Suggestions For How to Manage Change

1. Anticipate & Plan for Life Changes:  Life often throws us unexpected “curve balls” all the time.   However there may be certain life changes that you know will happen well before-hand and can prepare for.   Talking to a therapist or support friend can help to identify what these events may be.   Some future events, even if very positive may also require major mental and emotional stress.    For instance starting a new course of study you have always wanted to do, may be very exciting,  but can at the same time also be a possible source of stress since it will require a lot of mental and physical energy, less time with friends and so on.

2.  Categories for Planning:  Big changes such as:  a child leaving home, moving house,  changing jobs,  starting a new course and so on, can become overwhelming when going through them.   Hence take steps to put into place how you can manage these changes so you have supports in place to help make the transition less traumatic.  You could split your steps into different areas eg.  a) Mental/ Psychological b)   Social  c)  Physical   d)  Emotional  and  e)  Spiritual.  Alternatively create headings that are relevant for your particular needs at the time.

3.  Keep active and busy: Plan your day or week ahead.  In some cases eg. the ending of a job or a child leaving to start school there can be left a huge gap of free time with nothing to do.  There can be a normal grieving period.  However it is not wise to remain idle for too long.  This can send the mind racing into depression and negative thinking spiralling into a major episode.   Instead try to keep a regular routine of things you still enjoy doing,  while you plan your next move eg.  do regular exercise,  go to the library and borrow books to read,  do some volunteer work to pass the time.  Try cooking some new recipes to widen your skills.    Often keeping busy with some productive activity and a schedule, can keep severe mental health episodes at bay

4.  Emotional Health:  try to put a strategy in place for when you start getting depressed or psychotic during your life changes.   For instance if you haven’t seen your therapist for a while,  check to see if they would be available, if in a future emergency you may need to call upon them.   Talk to some good support friends or peer support people if they have time to listen & chat should you ever find yourself in a difficult time in the future.   It’s always better to plan these things when you feel well.   If you wait until you go into a pit of depression or feel suicidal it can be a lot harder.

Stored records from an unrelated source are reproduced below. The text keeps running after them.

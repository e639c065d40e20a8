-- ===== src/Governance/Settlement.antt =====
-- `transition`, `settle`, `usage` and `tenant_usage` of governance/ledger.py.
use estudio_polymind_llm_orc.Prelude.{
  ℕ, Bool, true, false, ◌&&◌, Option, none, some, ◌==◌, leb, length, find, any, select, sum_of,
  update, if◌then◌else◌, List, take, drop, sort_by, ltb, ◌||◌,
}
use estudio_polymind_llm_orc.Jobs.Models.{Uuid, Scope}
use estudio_polymind_llm_orc.Governance.Models.{Price, cost, price_of}
use estudio_polymind_llm_orc.Governance.Reservations.{
  ReservationState, reserved, admitting, started, released, unknown, settled, Reservation, Store,
  Result, ok, err, Ledger, reservation_conflict, pricing_unavailable, is_unsettled, of_tenant,
  of_owner, governance_denied,
}

-- the transitions that the code allows
pub data Move : Type 0 where
  reserved_admitting admitting_started admitting_released : Move

-- the state before, and the state after
abbrev pub is_before : Move → ReservationState → Bool
is_before reserved_admitting reserved = true
is_before admitting_started admitting = true
is_before admitting_released admitting = true
is_before _ _ = false

abbrev pub after : Move → ReservationState
after reserved_admitting = admitting
after admitting_started = started
after admitting_released = released

-- `transition`: an UPDATE that changes no row is a conflict
unfoldable pub transition : Uuid → Move → Store → Result (Unit {0}) × Store
transition ticket m s =
    if any (λ r. r.ticket == ticket && is_before m r.state) s.reservations
    then (
      ok tt,
      record s {
        reservations =
            update (λ r. r.ticket == ticket && is_before m r.state)
              (λ r. record r { state = after m }) s.reservations;
      },
    )
    else (err reservation_conflict, s)

-- the counts of a usage are at most 10⁹
abbrev pub valid_count : Option ℕ → Bool
valid_count none = true
valid_count (some n) = leb n 1000000000

-- a count that is known must not change
abbrev pub keeps : Option ℕ → Option ℕ → Bool
keeps none new = true
keeps (some a) none = false
keeps (some a) (some b) = a == b

abbrev pub is_count : Option ℕ → ℕ → Bool
is_count none n = false
is_count (some m) n = m == n

-- the state of a row whose cost is known
abbrev pub priced_state : Option Price → ℕ → ℕ → Result (Option ReservationState)
priced_state none i o = err pricing_unavailable
priced_state (some p) i o = ok (some (settled i o (cost p i o)))

-- the state that a settlement writes: `settled` when both counts are known
abbrev pub written : Ledger → Reservation → Option ℕ → Option ℕ → Result (Option ReservationState)
written l r (some i) (some o) =
    priced_state (price_of l.catalog r.identity.provider r.identity.model) i o
written l r i o = ok (some (unknown i o))

-- the branches of `settle` on the state of the row; `none` writes nothing
unfoldable pub settle_state :
    Ledger → Reservation → ReservationState → Option ℕ → Option ℕ → Result (Option ReservationState)
settle_state l r started i o = written l r i o
settle_state l r (unknown a b) i o =
    if keeps a i && keeps b o then written l r i o else err reservation_conflict
settle_state l r (settled a b c) i o =
    if is_count i a && is_count o b then ok none else err reservation_conflict
settle_state l r _ i o = err reservation_conflict

abbrev pub write_state : Uuid → Result (Option ReservationState) → Store → Result (Unit {0}) × Store
write_state ticket (err e) s = (err e, s)
write_state ticket (ok none) s = (ok tt, s)
write_state ticket (ok (some state)) s = (
  ok tt,
  record s {
    reservations =
        update (λ r. r.ticket == ticket) (λ r. record r { state = state }) s.reservations;
  },
)

abbrev pub settle_row :
    Ledger → Uuid → Option Reservation → Option ℕ → Option ℕ → Store → Result (Unit {0}) × Store
settle_row l ticket none i o s = (err reservation_conflict, s)
settle_row l ticket (some r) i o s = write_state ticket (settle_state l r r.state i o) s

-- SELECT * FROM reservations WHERE ticket=?
unfoldable pub by_ticket : Uuid → Store → Option Reservation
by_ticket ticket s = find (λ r. r.ticket == ticket) s.reservations

-- `settle`, with the two counts of the usage
unfoldable pub settle : Ledger → Uuid → Option ℕ → Option ℕ → Store → Result (Unit {0}) × Store
settle l ticket i o s =
    if valid_count i && valid_count o
    then settle_row l ticket (by_ticket ticket s) i o s
    else (err reservation_conflict, s)

pub record TenantUsage : Type 0 where
  pub calls : ℕ
  pub unsettled_cost : ℕ
  pub measured_cost : ℕ

abbrev pub measured : ReservationState → ℕ
measured (settled i o c) = c
measured _ = 0

-- `tenant_usage`, behind the authorization
unfoldable pub tenant_usage : Scope → Store → TenantUsage
tenant_usage scope s =
    let rows = of_tenant scope s.reservations in
    record {
      calls = length rows;
      unsettled_cost = sum_of (λ r. r.cost) (select (λ r. is_unsettled r.state) rows);
      measured_cost = sum_of (λ r. measured r.state) rows;
    }

-- ORDER BY created,ticket
abbrev pub earlier : Reservation → Reservation → Bool
earlier a b = ltb a.created b.created || (a.created == b.created && ltb a.ticket b.ticket)

-- `usage`, behind the authorization: a page of the owner's reservations
unfoldable pub usage : Scope → ℕ → ℕ → Store → Result (List Reservation)
usage scope limit offset s =
    if leb 1 limit && leb limit 100 && leb offset 10000
    then ok (take limit (drop offset (sort_by earlier (of_owner scope s.reservations))))
    else err governance_denied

5.  Study Difficulties:  in the future if you encounter difficulties in your studies in terms of understanding difficult concepts you could check out beforehand avenues for extra tutoring.  Some campuses may provide extra free tutoring services for people with disabilities.

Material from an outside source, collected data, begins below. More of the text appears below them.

-- ===== src/Governance/Final.antt =====
-- `settle` of governance/ledger.py, repeated.
use estudio_polymind_llm_orc.Prelude.{
  ℕ, ◌≡◌, refl, subst, ap, true, ◌&&◌, Option, none, some, ◌==◌, find-update, Option-cases, inl,
  inr, arith, if◌then◌else◌, leb,
}
use estudio_polymind_llm_orc.Jobs.Models.{Uuid}
use estudio_polymind_llm_orc.Governance.Models.{cost, price_of}
use estudio_polymind_llm_orc.Governance.Reservations.{
  ReservationState, reserved, admitting, started, released, unknown, settled, Reservation, Store,
  Result, ok, err, Ledger, reservation_conflict,
}
use estudio_polymind_llm_orc.Governance.Settlement.{
  settle, settle_state, write_state, by_ticket, is_count, valid_count, written,
}

-- the row of a ticket is settled with the two counts
abbrev pub HasSettled : Uuid → ℕ → ℕ → Store → Type 0
HasSettled ticket i o s =
    (r : Reservation) × (c : ℕ) × (by_ticket ticket s ≡ some r) × (r.state ≡ settled i o c)

settled_by :
    (l : Ledger) (r : Reservation) (i o : ℕ) (n : ReservationState)
    → written l r (some i) (some o) ≡ ok (some n)
    → (c : ℕ) × (n ≡ settled i o c)
settled_by l r i o n h =
    elim (Option-cases (price_of l.catalog r.identity.provider r.identity.model)) [
      | inl missing ↦ ground arith
      | inr (p, f) ↦ (cost p i o, ground arith)
    ]

-- the state after a settlement with both counts
settle_state-settled :
    (l : Ledger) (r : Reservation) (state : ReservationState) (i o : ℕ) {n : ReservationState}
    → settle_state l r state (some i) (some o) ≡ ok (some n)
    → (c : ℕ) × (n ≡ settled i o c)
unfolding settle_state
settle_state-settled l r reserved i o h = cc
settle_state-settled l r admitting i o h = cc
settle_state-settled l r released i o h = cc
settle_state-settled l r started i o {n} h = settled_by l r i o n h
settle_state-settled l r (unknown a b) i o {n} h = settled_by l r i o n (ground arith)
settle_state-settled l r (settled a b c) i o h = absurd (ground arith)

settle_state-none :
    (l : Ledger) (r : Reservation) (state : ReservationState) (i o : ℕ)
    → settle_state l r state (some i) (some o) ≡ ok none
    → (c : ℕ) × (state ≡ settled i o c)
unfolding settle_state
settle_state-none l r reserved i o h = cc
settle_state-none l r admitting i o h = cc
settle_state-none l r released i o h = cc
settle_state-none l r started i o h =
    elim (Option-cases (price_of l.catalog r.identity.provider r.identity.model)) [
      | inl missing ↦ ground arith
      | inr (p, f) ↦ ground arith
    ]
settle_state-none l r (unknown a b) i o h =
    elim (Option-cases (price_of l.catalog r.identity.provider r.identity.model)) [
      | inl missing ↦ ground arith
      | inr (p, f) ↦ ground arith
    ]
settle_state-none l r (settled a b c) i o h = (c, ground arith)

write_state-HasSettled :
    (l : Ledger) (ticket : Uuid) (i o : ℕ) (s : Store) (r : Reservation)
    (x : Result (Option ReservationState)) {s' : Store}
    → by_ticket ticket s ≡ some r
    → settle_state l r r.state (some i) (some o) ≡ x
    → write_state ticket x s ≡ (ok tt, s')
    → HasSettled ticket i o s'
unfolding by_ticket
write_state-HasSettled l ticket i o s r (err e) f h w = cc
write_state-HasSettled l ticket i o s r (ok none) f h w =
    let (c, q) = settle_state-none l r r.state i o h in
    subst (HasSettled ticket i o) (ap (λ x. x.1) w) (r, c, f, q)
write_state-HasSettled l ticket i o s r (ok (some n)) f h w =
    let (c, q) = settle_state-settled l r r.state i o h in
    subst (HasSettled ticket i o) (ap (λ x. x.1) w) (
      record r { state = n },
      c,
      find-update (λ x. x.ticket == ticket) (λ x. x.ticket == ticket) (λ x. record x { state = n })
          s.reservations (λ z. refl) (λ z m. m) f,
      q,
    )

-- A settlement with both counts that returns leaves the row settled with these counts.
settle-HasSettled :
    (l : Ledger) (ticket : Uuid) (i o : ℕ) (s : Store) {s' : Store}
    → settle l ticket (some i) (some o) s ≡ (ok tt, s')
    → (leb i 1000000000 ≡ true) × (leb o 1000000000 ≡ true) × HasSettled ticket i o s'
unfolding settle
settle-HasSettled l ticket i o s {s'} e = elim (Option-cases (by_ticket ticket s)) [
  | inl missing ↦ absurd (ground arith)
  | inr (r, f) ↦
      (ground arith, ground arith, write_state-HasSettled l ticket i o s r _ f refl (ground arith))
]

answer :
    (i o c : ℕ) (l : Ledger) (r : Reservation) (ticket : Uuid) (x y : Option ℕ) (s : Store)
    → leb i 1000000000 ≡ true
    → leb o 1000000000 ≡ true
    → (if valid_count x && valid_count y
        then write_state ticket (settle_state l r (settled i o c) x y) s
        else (err reservation_conflict, s))
      ≡ (if is_count x i && is_count y o then ok tt else err reservation_conflict, s)
unfolding settle_state
answer i o c l r ticket none none s hi ho = refl
answer i o c l r ticket none (some y) s hi ho = ground arith
answer i o c l r ticket (some x) none s hi ho = ground arith
answer i o c l r ticket (some x) (some y) s hi ho = ground arith

-- After a settlement with both counts has returned, every later settlement of the ticket writes
-- nothing; it returns when it gives the same two counts, and is the conflict otherwise.
pub settle-final :
    (l : Ledger) (ticket : Uuid) (i o : ℕ) (x y : Option ℕ) (s : Store) {s' : Store}
    → settle l ticket (some i) (some o) s ≡ (ok tt, s')
    → settle l ticket x y s'
      ≡ (if is_count x i && is_count y o then ok tt else err reservation_conflict, s')
unfolding settle
settle-final l ticket i o x y s {s'} e =
    let (hi, ho, (r, c, f, q)) = settle-HasSettled l ticket i o s e in
    rw f (rw q (answer i o c l r ticket x y s' hi ho))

6.  Spiritual:  if you usually attend mass or a discussion group with your local church, try not to give these up just because of a heavier study workload.  These spiritual outlets can give you strength and vital prayer support to help you succeed in your studies.

7. Physical:  try to keep up some regular exercise while you do your studies or go through a big transition.  You may not have the time to do as much as before, but even once or twice a week is still beneficial.  Exercise helps to stimulate oxygen to the brain so you can think more clearly.

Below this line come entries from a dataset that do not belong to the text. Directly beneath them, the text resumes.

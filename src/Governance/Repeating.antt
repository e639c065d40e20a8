-- ===== src/Governance/Repeating.antt =====
-- What a repetition of `reserve` of governance/ledger.py answers.
use estudio_polymind_llm_orc.Prelude.{
  ℕ, ◌≡◌, refl, subst, sym, ap, true, false, ◌&&◌, Option, none, some, [], ◌∷◌, ◌++◌, ==_refl,
  str_eq_refl, find-append, ltb, Option-cases, Bool-cases, inl, inr, arith,
}
use estudio_polymind_llm_orc.Jobs.Models.{Uuid, Micros, Scope, same_scope}
use estudio_polymind_llm_orc.Security.Models.{Principal}
use estudio_polymind_llm_orc.Governance.Models.{
  Price, cost, price_of, Workload, interactive, document_background, same_workload, CallIdentity,
  same_identity, same_call,
}
use estudio_polymind_llm_orc.Governance.Reservations.{
  Reservation, Store, ok, Ledger, Demand, new_row, repeat, in_transaction, priced, valid_request,
  reserve_new, reserve, reservation_of, current_policy,
}
use estudio_polymind_llm_orc.Governance.Bounds.{reserve_new-ok}

same_workload_refl : (w : Workload) → same_workload w w ≡ true
same_workload_refl interactive = refl
same_workload_refl document_background = refl

same_call_refl : (i : CallIdentity) → same_call i i ≡ true
same_call_refl i = rw (==_refl i.job, ==_refl i.step, ==_refl i.attempt) refl

same_scope_refl : (a : Scope) → same_scope a a ≡ true
same_scope_refl a = rw (==_refl a.tenant, ==_refl a.owner) refl

same_identity_refl : (i : CallIdentity) → same_identity i i ≡ true
same_identity_refl i =
    rw
      (
        same_scope_refl i.scope,
        ==_refl i.job,
        ==_refl i.step,
        ==_refl i.attempt,
        str_eq_refl i.profile,
        str_eq_refl i.provider,
        str_eq_refl i.role,
        str_eq_refl i.model,
        str_eq_refl i.capability,
      )
      refl

-- the same demand at another instant
abbrev at_instant : Micros → Demand → Demand
at_instant now d = record d { now = now }

module _ (l : Ledger) where
  -- the row that was inserted is found, and its repetition is no conflict
  repeat-new_row :
      (scope : Scope) (i : CallIdentity) (ticket : Uuid) (d : Demand) (now : Micros) (s : Store)
      → repeat l (new_row l scope i ticket d) i (at_instant now d) s ≡ (ok ticket, s)
  unfolding repeat new_row
  repeat-new_row scope i ticket d now s =
      rw (==_refl d.input, ==_refl d.output, same_workload_refl d.workload, same_identity_refl i)
        refl

  repeat-ok :
      (r : Reservation) (i : CallIdentity) (d : Demand) (now : Micros) (s : Store) {t : Uuid}
      {s' : Store}
      → repeat l r i d s ≡ (ok t, s')
      → (s ≡ s') × (repeat l r i (at_instant now d) s ≡ (ok t, s'))
  unfolding repeat
  repeat-ok r i d now s e = (ground arith, e)

  reservation_of-new_row :
      (scope : Scope) (i : CallIdentity) (ticket : Uuid) (d : Demand) (s s' : Store)
      → reservation_of l scope i s ≡ none
      → s'.reservations ≡ s.reservations ++ new_row l scope i ticket d ∷ []
      → reservation_of l scope i s' ≡ some (new_row l scope i ticket d)
  unfolding reservation_of new_row
  reservation_of-new_row scope i ticket d s s' n e = rw e (
      find-append (λ r. same_scope r.scope scope && same_call r.identity i) s.reservations
        (new_row l scope i ticket d) n (rw (same_scope_refl scope, same_call_refl i) refl))

  in_transaction-again :
      (scope : Scope) (i : CallIdentity) (ticket ticket' : Uuid) (d : Demand) (now : Micros)
      (s : Store) {t : Uuid} {s' : Store}
      → in_transaction l (reservation_of l scope i s) scope i ticket d s ≡ (ok t, s')
      → (in_transaction l (reservation_of l scope i s') scope i ticket' (at_instant now d) s'
          ≡ (ok t, s'))
        × (s'.configuration ≡ s.configuration)
  in_transaction-again scope i ticket ticket' d now s {t} {s'} e =
      elim (Option-cases (reservation_of l scope i s)) [
        | inl n ↦
            let granted : reserve_new l scope i ticket d s ≡ (ok t, s') =
              subst (λ o. in_transaction l o scope i ticket d s ≡ (ok t, s')) n e in
            let (_, rows, same, kept) = reserve_new-ok l scope i ticket d s granted in
            (
              rw (reservation_of-new_row scope i ticket d s s' n rows, same)
                  (repeat-new_row scope i ticket d now s'),
              kept,
            )
        | inr (r, f) ↦
            let again : repeat l r i d s ≡ (ok t, s') =
              subst (λ o. in_transaction l o scope i ticket d s ≡ (ok t, s')) f e in
            let (same, once) = repeat-ok r i d now s again in
            (
              subst
                  (λ x.
                    in_transaction l (reservation_of l scope i x) scope i ticket' (at_instant now d)
                      x
                    ≡ (ok t, s'))
                  same (rw f once),
              ap (λ x. x.configuration) (sym same),
            )
      ]

  valid_request-later :
      (p : Principal) (i : CallIdentity) (input output : ℕ) (now later : Micros)
      → valid_request l p i input output now ≡ true
      → ltb later p.expires ≡ true
      → valid_request l p i input output later ≡ true
  unfolding valid_request
  valid_request-later p i input output now later v h = ground arith

  current_policy-kept :
      (s s' : Store) → s'.configuration ≡ s.configuration → current_policy l s' ≡ current_policy l s
  unfolding current_policy
  current_policy-kept s s' e = rw e refl

  priced-again :
      (o : Option Price) (p : Principal) (i : CallIdentity) (input output : ℕ) (w : Workload)
      (ticket ticket' : Uuid) (now later : Micros) (s : Store) {t : Uuid} {s' : Store}
      → priced l o p i input output w ticket now s ≡ (ok t, s')
      → ltb (l.calendar.date later) l.catalog.effective_date ≡ false
      → priced l o p i input output w ticket' later s' ≡ (ok t, s')
  priced-again none p i input output w ticket ticket' now later s e h = cc
  priced-again (some price) p i input output w ticket ticket' now later s {t} {s'} e h =
      let demand : Demand = record {
        input = input;
        output = output;
        cost = cost price input output;
        workload = w;
        now = now;
      } in
      let short : ltb 2048 (l.calendar.encoded_length i) ≡ false = ground arith in
      let granted : in_transaction l (reservation_of l p.scope i s) p.scope i ticket demand s
          ≡ (ok t, s') =
        ground arith in
      let current : current_policy l s ≡ true = ground arith in
      let (again, kept) = in_transaction-again p.scope i ticket ticket' demand later s granted in
      rw (h, short, current_policy-kept s s' kept, current) again

-- The repetition of a reservation that was granted, on the database that the first call left and
-- at any instant at which the principal has not expired and the prices are in effect, answers with
-- the ticket of the first call and writes nothing.
pub reserve-again :
    (l : Ledger) (p : Principal) (i : CallIdentity) (input output : ℕ) (w : Workload)
    (ticket ticket' : Uuid) (now later : Micros) (s : Store) {t : Uuid} {s' : Store}
    → reserve l p i input output w ticket now s ≡ (ok t, s')
    → ltb later p.expires ≡ true
    → ltb (l.calendar.date later) l.catalog.effective_date ≡ false
    → reserve l p i input output w ticket' later s' ≡ (ok t, s')
unfolding reserve
reserve-again l p i input output w ticket ticket' now later s {t} {s'} e h h' =
    elim (Bool-cases (valid_request l p i input output now)) [
      | inl v ↦
          let granted : priced l (price_of l.catalog i.provider i.model) p i input output w ticket
                now s
              ≡ (ok t, s') =
            ground arith in
          rw (valid_request-later l p i input output now later v h) (
            priced-again l (price_of l.catalog i.provider i.model) p i input output w ticket ticket'
              now later s granted h')
      | inr v ↦ ground arith
    ]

8.  Social:  plan in the future to still make time to have fun and relaxation.  Cultivate friendships where you can just be yourself and where people will just accept you unconditionally.   This is important to have a balanced lifestyle especially when you undertake study or major life changes.

9.  Lists:   lists can be a helpful organisational tool when going through major stressful changes like moving house.   You can compile a list of essential things to do as you make this big move.   Having it written down can overcome the stress of fearing you may forget to do important tasks. 

10.  Write Down Good Ideas:   Whenever you think or hear of good ideas that will assist you in your big life changes try to write them down straight away.  Perhaps note them down in a special “Ideas Book”.  In this way you will have them altogether and won’t be in danger of losing or throwing away little bits of paper lying around everywhere.   In your planning time you can go back to these ideas and act on them. 

11.  Carry a Small Notebook:  Try to carry a small notebook wherever you go,  so you can write down any good ideas you hear or think of.   Sometimes these can pop into your head at the most unexpected moments eg.  while exercising,  while socialising with friends,  while on the train or while shopping for groceries.  This often happens because our mind may be more relaxed at these times and hence have more space to receive creative ideas.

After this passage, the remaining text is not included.